FIFA President Gianni Infantino has been criticized for speaking out about human rights in Qatar ahead of the World Cup


FIFA President Gianni Infantino A speech that lasted nearly an hour on the eve of the 2022 World Cup in Qatar was described as “rude” and “insulting”. migrant workers by human rights groups.

In an explosive monologue at the start of a press conference in Doha, Infantino – the president of FIFA – accused Western critics of Qatar’s human rights record of hypocrisy.

“What we Europeans were doing 3,000 years ago, we must apologize for the next 3,000 years before we start giving moral lessons,” he said. “Reform and change takes time. It took hundreds of years in our countries in Europe. It takes time everywhere, and the only way to get results is by sharing…not shouting.”

The tournament, which kicks off on Sunday, is the first World Cup to be held in the Middle East, but it has been mired in controversy, with much of the crowd focused on human rights, from the deaths of migrant workers and conditions. Many of them have suffered in Qatar, for the LGBT community and for women’s rights.

Although Infantino admitted things weren’t perfect, some of the criticism was “very unfair” and West was accused of double standards.

Steve Cockburn, Head of Economic and Social Justice at Amnesty International, said in a statement statement: Ignoring legitimate criticism of human rights, Gianni Infantino rejects the heavy price paid by migrant workers to make his major tournament possible – as well as FIFA’s responsibility for it.

He added that “the demands for equality, dignity and compensation cannot be treated as a kind of culture war – they are universal human rights that FIFA has committed to respect in its statutes.”
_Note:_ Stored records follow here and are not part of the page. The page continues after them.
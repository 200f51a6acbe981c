-- ===== src/Url/Set.antt =====
-- `URLSearchParams.set`: its loop, and what it leaves.
use rong.Base.{
  ℕ, zero, suc, ◌+◌, ◌≤◌, ◌≡◌, refl, ap, sym, ◌∙◌, inl, inr, Bool, true, false, not, none, some,
  List, [], ◌∷◌, ◌++◌, map, arith, if◌then◌else◌, ◌==◌, nat_eq, list_eq, list_beq_iff, length,
  length-append, retain, retain-append, append_assoc, append-nil, Bool-cases,
}
use mathlib.Core.List.{map-append}
use rong.Text.{Text}
use rong.Url.{
  Pairs, get_all, pair_at, replace_at, remove_at, Cursor, advance, set_loop, set_pair, named,
  set_from_start, set_rest,
}

pair_at-append :
    (before after : Pairs) (pair : Text × Text)
    → pair_at (length before) (before ++ pair ∷ after) ≡ some pair
unfolding pair_at
pair_at-append [] after pair = refl
pair_at-append (p ∷ before) after pair = pair_at-append before after pair

pair_at_end : (before : Pairs) → pair_at (length before) before ≡ none
unfolding pair_at
pair_at_end [] = refl
pair_at_end (p ∷ before) = pair_at_end before

replace_at-append :
    (before after : Pairs) (k v value : Text)
    → replace_at (length before) value (before ++ (k, v) ∷ after) ≡ before ++ (k, value) ∷ after
unfolding replace_at
replace_at-append [] after k v value = refl
replace_at-append (p ∷ before) after k v value =
    ap (◌∷◌ p) (replace_at-append before after k v value)

remove_at-append :
    (before after : Pairs) (pair : Text × Text)
    → remove_at (length before) (before ++ pair ∷ after) ≡ before ++ after
unfolding remove_at
remove_at-append [] after pair = refl
remove_at-append (p ∷ before) after pair = ap (◌∷◌ p) (remove_at-append before after pair)

-- The pairs behind the cursor when the loop has passed them.
kept : Text → Text → Bool → Pairs → Pairs
kept name value found [] = []
kept name value found ((k, v) ∷ pairs) =
    if k == name
    then (if found then kept name value true pairs else (k, value) ∷ kept name value true pairs)
    else (k, v) ∷ kept name value found pairs

present : Text → Bool → Pairs → Bool
present name found [] = found
present name found ((k, v) ∷ pairs) =
    if k == name then present name true pairs else present name found pairs

at : Pairs → Bool → Pairs → Cursor
at before found after = record { i = length before; found = found; params = before ++ after }

at_next :
    (before : Pairs) (p : Text × Text) (found : Bool) (after : Pairs)
    → at (before ++ p ∷ []) found after
      ≡ record { i = length before + 1; found = found; params = before ++ p ∷ after }
unfolding at
at_next before p found after =
    simp (length-append before (p ∷ []), append_assoc before (p ∷ []) after)

advance-at :
    (name value k v : Text) (before after : Pairs) (found : Bool)
    → advance name value k (at before found ((k, v) ∷ after)) ≡ (
        if k == name
        then (if found then at before true after else at (before ++ (k, value) ∷ []) true after)
        else at (before ++ (k, v) ∷ []) found after)
unfolding at
advance-at name value k v before after found = elim (Bool-cases (k == name)) [
  | inl e ↦ rw e (move found)
  | inr e ↦ rw e (sym (at_next before (k, v) found after))
]
  where
    move :
        (b : Bool)
        → (if not b
            then record {
              i = length before + 1;
              found = true;
              params = replace_at (length before) value (before ++ (k, v) ∷ after);
            }
            else record {
              i = length before;
              found = b;
              params = remove_at (length before) (before ++ (k, v) ∷ after);
            })
          ≡ (if b then at before true after else at (before ++ (k, value) ∷ []) true after)
    move true =
        ap (λ ps. record { i = length before; found = true; params = ps })
          (remove_at-append before after (k, v))
    move false =
        ap (λ ps. record { i = length before + 1; found = true; params = ps })
          (replace_at-append before after k v value)
        ∙ sym (at_next before (k, value) true after)

set_loop-none :
    (fuel : ℕ) (name value : Text) (c : Cursor)
    → pair_at c.i c.params ≡ none
    → set_loop (suc fuel) name value c ≡ some c
unfolding set_loop
set_loop-none fuel name value c e = rw (e, set_loop) refl

set_loop-some :
    (fuel : ℕ) (name value : Text) (c : Cursor) (pair : Text × Text)
    → pair_at c.i c.params ≡ some pair
    → set_loop (suc fuel) name value c ≡ set_loop fuel name value (advance name value pair.0 c)
unfolding set_loop
set_loop-some fuel name value c pair e = rw (e, set_loop) refl

at_end :
    (fuel : ℕ) (name value : Text) (before : Pairs) (found : Bool)
    → set_loop (suc fuel) name value (at before found []) ≡ some (at (before ++ []) found [])
unfolding at
at_end fuel name value before found =
    set_loop-none fuel name value (at before found [])
      (ap (pair_at (length before)) (append-nil before) ∙ pair_at_end before)
    ∙ ap (λ ps. some (at ps found [])) (sym (append-nil before))

at_some :
    (fuel : ℕ) (name value k v : Text) (before after : Pairs) (found : Bool)
    → set_loop (suc fuel) name value (at before found ((k, v) ∷ after))
      ≡ set_loop fuel name value (
          if k == name
          then (if found then at before true after else at (before ++ (k, value) ∷ []) true after)
          else at (before ++ (k, v) ∷ []) found after)
unfolding at
at_some fuel name value k v before after found =
    set_loop-some fuel name value (at before found ((k, v) ∷ after)) (k, v)
      (pair_at-append before after (k, v))
    ∙ ap (set_loop fuel name value) (advance-at name value k v before after found)

shifted :
    (before : Pairs) (p : Text × Text) (after : Pairs) (found : Bool)
    → some (at ((before ++ p ∷ []) ++ after) found []) ≡ some (at (before ++ p ∷ after) found [])
shifted before p after found = ap (λ ps. some (at ps found [])) (append_assoc before (p ∷ []) after)

-- With fuel for the pairs that are left, the loop passes them all.
set_loop-at :
    (fuel : ℕ) (name value : Text) (before after : Pairs) (found : Bool)
    → length after ≤ fuel
    → set_loop (suc fuel) name value (at before found after)
      ≡ some (at (before ++ kept name value found after) (present name found after) [])
unfolding kept present
set_loop-at fuel name value before [] found h = at_end fuel name value before found
set_loop-at zero name value before (p ∷ after) found h = absurd (omega arith)
set_loop-at (suc fuel) name value before ((k, v) ∷ after) true h =
    let fewer : length after ≤ fuel = omega arith in
    let passed = set_loop-at fuel name value (before ++ (k, v) ∷ []) after true fewer in
    let dropped = set_loop-at fuel name value before after true fewer in
    at_some (suc fuel) name value k v before after true ∙ elim (Bool-cases (k == name)) [
      | inl e ↦ rw e dropped
      | inr e ↦ rw e (passed ∙ shifted before (k, v) (kept name value true after) _)
    ]
set_loop-at (suc fuel) name value before ((k, v) ∷ after) false h =
    let fewer : length after ≤ fuel = omega arith in
    let passed = set_loop-at fuel name value (before ++ (k, v) ∷ []) after false fewer in
    let renewed = set_loop-at fuel name value (before ++ (k, value) ∷ []) after true fewer in
    at_some (suc fuel) name value k v before after false ∙ elim (Bool-cases (k == name)) [
      | inl e ↦ rw e (renewed ∙ shifted before (k, value) (kept name value true after) _)
      | inr e ↦ rw e (passed ∙ shifted before (k, v) (kept name value false after) _)
    ]

set_from_start_lem :
    (name value : Text) (pairs : Pairs)
    → set_from_start name value pairs
      ≡ some (at (kept name value false pairs) (present name false pairs) [])
unfolding at
set_from_start_lem name value pairs =
    ap (λ n. set_loop n name value (record { i = 0; found = false; params = pairs })) (omega arith)
    ∙ set_loop-at (length pairs) name value [] pairs false (omega arith)

-- `set` passes the pairs once, and appends one if none had the name.
set_pair-kept :
    (name value : Text) (pairs : Pairs)
    → set_pair name value pairs ≡ (
        if not (present name false pairs)
        then kept name value false pairs ++ (name, value) ∷ []
        else kept name value false pairs)
unfolding set_pair at
set_pair-kept name value pairs =
    ap (set_rest name value pairs) (set_from_start_lem name value pairs)
    ∙ ap (λ ps. if not (present name false pairs) then ps ++ (name, value) ∷ [] else ps)
        (append-nil (kept name value false pairs))

present-true : (name : Text) (pairs : Pairs) → present name true pairs ≡ true
unfolding present
present-true name [] = refl
present-true name ((k, v) ∷ pairs) = ground (arith, present-true name pairs)

appended :
    (b : Bool) (new old : List Text)
    → (if b then [] else old) ++ (if b then new else []) ≡ (if b then new else old)
appended true new old = refl
appended false new old = append-nil old

get_all-kept :
    (name value j : Text) (pairs : Pairs) (found : Bool)
    → get_all j (kept name value found pairs) ≡ (
        if name == j
        then (if found then [] else if present name false pairs then value ∷ [] else [])
        else get_all j pairs)
unfolding get_all kept present
get_all-kept name value j [] found = ground arith
get_all-kept name value j ((k, v) ∷ pairs) true = ground (
  arith,
  list_beq_iff k name,
  list_beq_iff name j,
  list_beq_iff k j,
  get_all-kept name value j pairs true,
)
get_all-kept name value j ((k, v) ∷ pairs) false = ground (
  arith,
  list_beq_iff k name,
  list_beq_iff name j,
  list_beq_iff k j,
  get_all-kept name value j pairs true,
  get_all-kept name value j pairs false,
  present-true name pairs,
)

get_all-append : (j : Text) (xs ys : Pairs) → get_all j (xs ++ ys) ≡ get_all j xs ++ get_all j ys
unfolding get_all
get_all-append j xs ys =
    ap (map (λ pair. pair.1)) (retain-append (named j) xs ys)
    ∙ map-append (λ pair. pair.1) (retain (named j) xs) (retain (named j) ys)

get_all_one :
    (name value j : Text) → get_all j ((name, value) ∷ []) ≡ (if name == j then value ∷ [] else [])
unfolding get_all
get_all_one name value j = ground arith

get_all-kept_pair :
    (name value j : Text) (pairs : Pairs)
    → get_all j (set_pair name value pairs) ≡ (if name == j then value ∷ [] else get_all j pairs)
get_all-kept_pair name value j pairs =
    ap (get_all j) (set_pair-kept name value pairs) ∙ elim (Bool-cases (present name false pairs)) [
      | inl e ↦ rw e (rw e at (get_all-kept name value j pairs false))
      | inr e ↦
          let old = rw e at (get_all-kept name value j pairs false) in
          rw e (
            get_all-append j (kept name value false pairs) ((name, value) ∷ [])
            ∙ rw (old, get_all_one name value j)
                (appended (name == j) (value ∷ []) (get_all j pairs)))
    ]

-- The loop of `set` ends, after at most one round for each pair and one more. After `set`, the name
-- has one value, the given one, and the values of every other name are what they were, in their
-- order.
pub get_all-set_pair :
    (name value j : Text) (pairs : Pairs)
    → ((c : Cursor) × (set_from_start name value pairs ≡ some c))
      × (get_all j (set_pair name value pairs)
          ≡ (if name == j then value ∷ [] else get_all j pairs))
get_all-set_pair name value j pairs =
    ((_, set_from_start_lem name value pairs), get_all-kept_pair name value j pairs)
“If there is even a tiny glimmer of hope, it is that Infantino has announced that FIFA will establish a legacy fund after the World Cup. However, this cannot be just window dressing. If FIFA wants to salvage anything from this tournament, it must announce that it will invest a significant portion Of the 6 billion dollars that the organization will earn from this tournament and make sure that this fund is used to directly compensate workers and their families.

Nicholas McGeehan, director of FairSquare, a non-profit human rights organisation, said in a statement: “Infantino’s comments were as blunt as they were clumsy and suggest that the FIFA president is getting his talking points directly from the Qatari authorities.
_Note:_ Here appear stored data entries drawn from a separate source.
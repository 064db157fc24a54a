-- ===== src/Agent/Flow/Tests.antt =====
-- The agent's steps on two requests.
use sentinel_cosmic.Agent.Flow.{
  handed_off, running, agrees, Phase, Job, spawns, resolving, AuthCall, insert_session,
  abort_session, abort_task, new_agent, acquire, spawn_session, acquires, ended, Step, AgentState,
  Reach, request, here, next, begins, push_approval, drain_for_cancel,
}
use sentinel_cosmic.Agent.Flow.Drive.{Later, run-Driven, Driven, declined, agreed_events}
use sentinel_cosmic.Agent.Flow.Handles.{abort_session_exact, stopped}
use sentinel_cosmic.Agent.Flow.Owned.{OrderlyReach, offers}
use sentinel_cosmic.Agent.Flow.Owner.{take_one-own}
use sentinel_cosmic.Agent.Queue.{push, take_one, Approval, new_approval}
use sentinel_cosmic.Agent.Session.{run}
use sentinel_cosmic.Agent.Session.Consent.{Consented}
use sentinel_cosmic.Agent.Tests.{idle, refused, inputs}
use sentinel_cosmic.Common.{[], ◌∷◌, ◌≡◌, arith, some, map_option, refl, length, true, ◌≤◌, ◌⊎◌}
use sentinel_cosmic.I18n.{lookup}
use sentinel_cosmic.Text.{text_eq, codes}

abbrev upgrade : AuthCall
upgrade = record { cookie = codes "c1"; action_id = codes "org.example.upgrade" }

abbrev mount : AuthCall
mount = record { cookie = codes "c2"; action_id = codes "org.example.mount" }

abbrev held : Phase → Job
held p = record { call = upgrade; task = 0; phase = p }

-- The first request in its session, the second behind it.
abbrev in_session : AgentState
in_session =
    spawn_session (held resolving)
      (acquire upgrade (mount ∷ []) (request mount (request upgrade (new_agent 5))))

in_session-Reach : Reach (new_agent 5) in_session
unfolding new_agent request acquire
in_session-Reach =
    next
      (next (next (next here (begins upgrade refl)) (begins mount refl))
        (acquires upgrade (mount ∷ []) refl refl refl))
      (spawns (held resolving) refl refl)

-- The same behind the push.
abbrev offering : AgentState
offering = push_approval (held running) in_session

offering_step : Step in_session offering
unfolding spawn_session acquire request new_agent
offering_step = agrees (held running) refl refl

abbrev offered_approval : Approval
offered_approval = new_approval 5 upgrade.action_id

offered_taken : (take_one offering.now offering.queue).1 ≡ some offered_approval
unfolding take_one push_approval push spawn_session acquire request new_agent
offered_taken = refl

offering_held : offering.inflight ≡ some (held handed_off)
unfolding push_approval
offering_held = refl

abort_session_exact_example :
    (abort_session (codes "c1") [] in_session).inflight
    ≡ map_option (stopped (codes "c1")) in_session.inflight
abort_session_exact_example = abort_session_exact 5 in_session (codes "c1") [] in_session-Reach

abort_session_ended : (abort_session (codes "c1") [] in_session).inflight ≡ some (held ended)
unfolding abort_session abort_task spawn_session insert_session lookup text_eq acquire request
    new_agent
abort_session_ended = refl

offering_orderly : OrderlyReach (next in_session-Reach offering_step)
unfolding in_session-Reach offering_step spawn_session acquire request new_agent
offering_orderly = (((((tt, tt), tt), tt), tt), tt)

take_one-own_example :
    (length offering.queue ≤ 1)
    × ((j : Job) × (offering.inflight ≡ some j)
        × (offers j.phase ≡ true)
        × (offered_approval.action_id ≡ j.call.action_id))
take_one-own_example =
    take_one-own 5 offering offered_approval (next in_session-Reach offering_step) offering_orderly
      offered_taken

-- A session for the inputs of Agent/Tests.antt.
abbrev inputs_job : Job
inputs_job = record {
  call = record { cookie = inputs.cookie; action_id = inputs.action_id };
  task = 0;
  phase = running;
}

abbrev running_inputs : AgentState
running_inputs = record (new_agent 0) { inflight = some inputs_job }

running_empty : running_inputs.queue ≡ idle.queue
unfolding new_agent
running_empty = refl

Later-refused : Later running_inputs.now (refused.now_push ∷ refused.takes)
unfolding new_agent
Later-refused = omega arith

run-Driven_example :
    ((¬ Consented refused inputs idle)
      × Driven running_inputs inputs_job ended (declined ∷ []) (run refused inputs idle).0.queue)
    ⊎ (Consented refused inputs idle
        × Driven running_inputs inputs_job ended
            (agreed_events refused)
            (run refused inputs idle).0.queue)
run-Driven_example =
    run-Driven running_inputs inputs_job refused inputs idle refl running_empty refl Later-refused

-- The request that waits is cancelled, and waits on.
abbrev waiting_cancelled : AgentState
waiting_cancelled = drain_for_cancel mount.cookie in_session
“Deflection and obfuscation have always been at the heart of Qatar’s PR efforts to defend its failings in the ranks, and now they have the FIFA President doing their work for them.”
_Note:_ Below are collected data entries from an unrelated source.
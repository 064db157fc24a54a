-- ===== src/Cli/Arguments/Numbers.antt =====
-- Numbers that are printed for the dialog and read back by it.
use sentinel_cosmic.Cli.Arguments.{Given, parse_unsigned, value_of, number, optional_number, plain}
use sentinel_cosmic.Common.{
  ◌≡◌, ◌≢◌, arith, ap, Option, map_option, leb, ℕ, [], some, true, false, ◌≤◌, ◌==◌, ◌∷◌, none,
  refl,
}
use sentinel_cosmic.Text.{Text}
use sentinel_cosmic.Text.Decimal.{
  Digits, to_string, read_digits-to_string, read_number, read_digits, to_string-ne-nil,
  to_string-Digits, parse_i32-show_i32, ℤ, IsI32, show_i32,
}

Digits-parse_unsigned :
    (upper n : ℕ) (s : Text)
    → Digits s
    → s ≢ []
    → read_digits s 0 ≡ some n
    → n ≤ upper
    → parse_unsigned upper s ≡ some n
unfolding parse_unsigned read_number
Digits-parse_unsigned upper n [] ds ne e h = absurd (ne refl)
Digits-parse_unsigned upper n (c ∷ s) (d, ds) ne e h =
    let no_plus : (c == b'+') ≡ false = ground (arith, d) in
    let in_range : leb n upper ≡ true = ground (arith, h) in rw (no_plus, e, in_range) refl

-- A number in range is read back.
pub parse_unsigned-to_string :
    (upper n : ℕ) → n ≤ upper → parse_unsigned upper (to_string n) ≡ some n
parse_unsigned-to_string upper n h =
    Digits-parse_unsigned upper n (to_string n) (to_string-Digits n) (to_string-ne-nil n)
      (read_digits-to_string n) h

Digits-plain : (s : Text) → Digits s → plain s ≡ true
Digits-plain [] ds = refl
Digits-plain (c ∷ s) (d, ds) = ground (arith, d)

-- A printed number does not begin with a hyphen.
pub plain-to_string : (n : ℕ) → plain (to_string n) ≡ true
plain-to_string n = Digits-plain (to_string n) (to_string-Digits n)

pub number_read :
    (g : Given) (name : Text) (upper default n : ℕ)
    → value_of g name ≡ some (to_string n)
    → n ≤ upper
    → number g name upper default ≡ some n
unfolding number
number_read g name upper default n e h = rw (number, e) (parse_unsigned-to_string upper n h)

abbrev pub IsI32Option : Option ℤ → Type 0
IsI32Option none = Unit {0}
IsI32Option (some z) = IsI32 z

pub optional_number_read :
    (g : Given) (name : Text) (o : Option ℤ)
    → value_of g name ≡ map_option show_i32 o
    → IsI32Option o
    → optional_number g name ≡ some o
unfolding optional_number
optional_number_read g name none e h = rw (optional_number, e) refl
optional_number_read g name (some z) e h =
    rw (optional_number, e) (ap (λ p. map_option some p) (parse_i32-show_i32 z h))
Mostafa Kadri, CEO of the international human rights organization Equidem, said in a statement: “History will not judge this moment kindly. Infantino’s speech was an insult to the thousands of hard-working women and men who made the World Cup possible.

He had the perfect opportunity to acknowledge that thousands of women and men from the poorest countries have come to the richest only to face deception, exploitation and discrimination.

Every day workers contact Equidem about non-payment of wages, abuse and fear of speaking out for fear of employer retaliation. There is a solution here: Infantino should create a comprehensive compensation fund and ask Qatar to create an independent center for migrant workers so that workers have a safe space to file complaints and get the support they need.”

The Guardian reported last year that 6,500 South Asian migrant workers have died in Qatar since the country won the World Cup in 2010, most of them involved in low-paid and dangerous work, often done in sweltering conditions.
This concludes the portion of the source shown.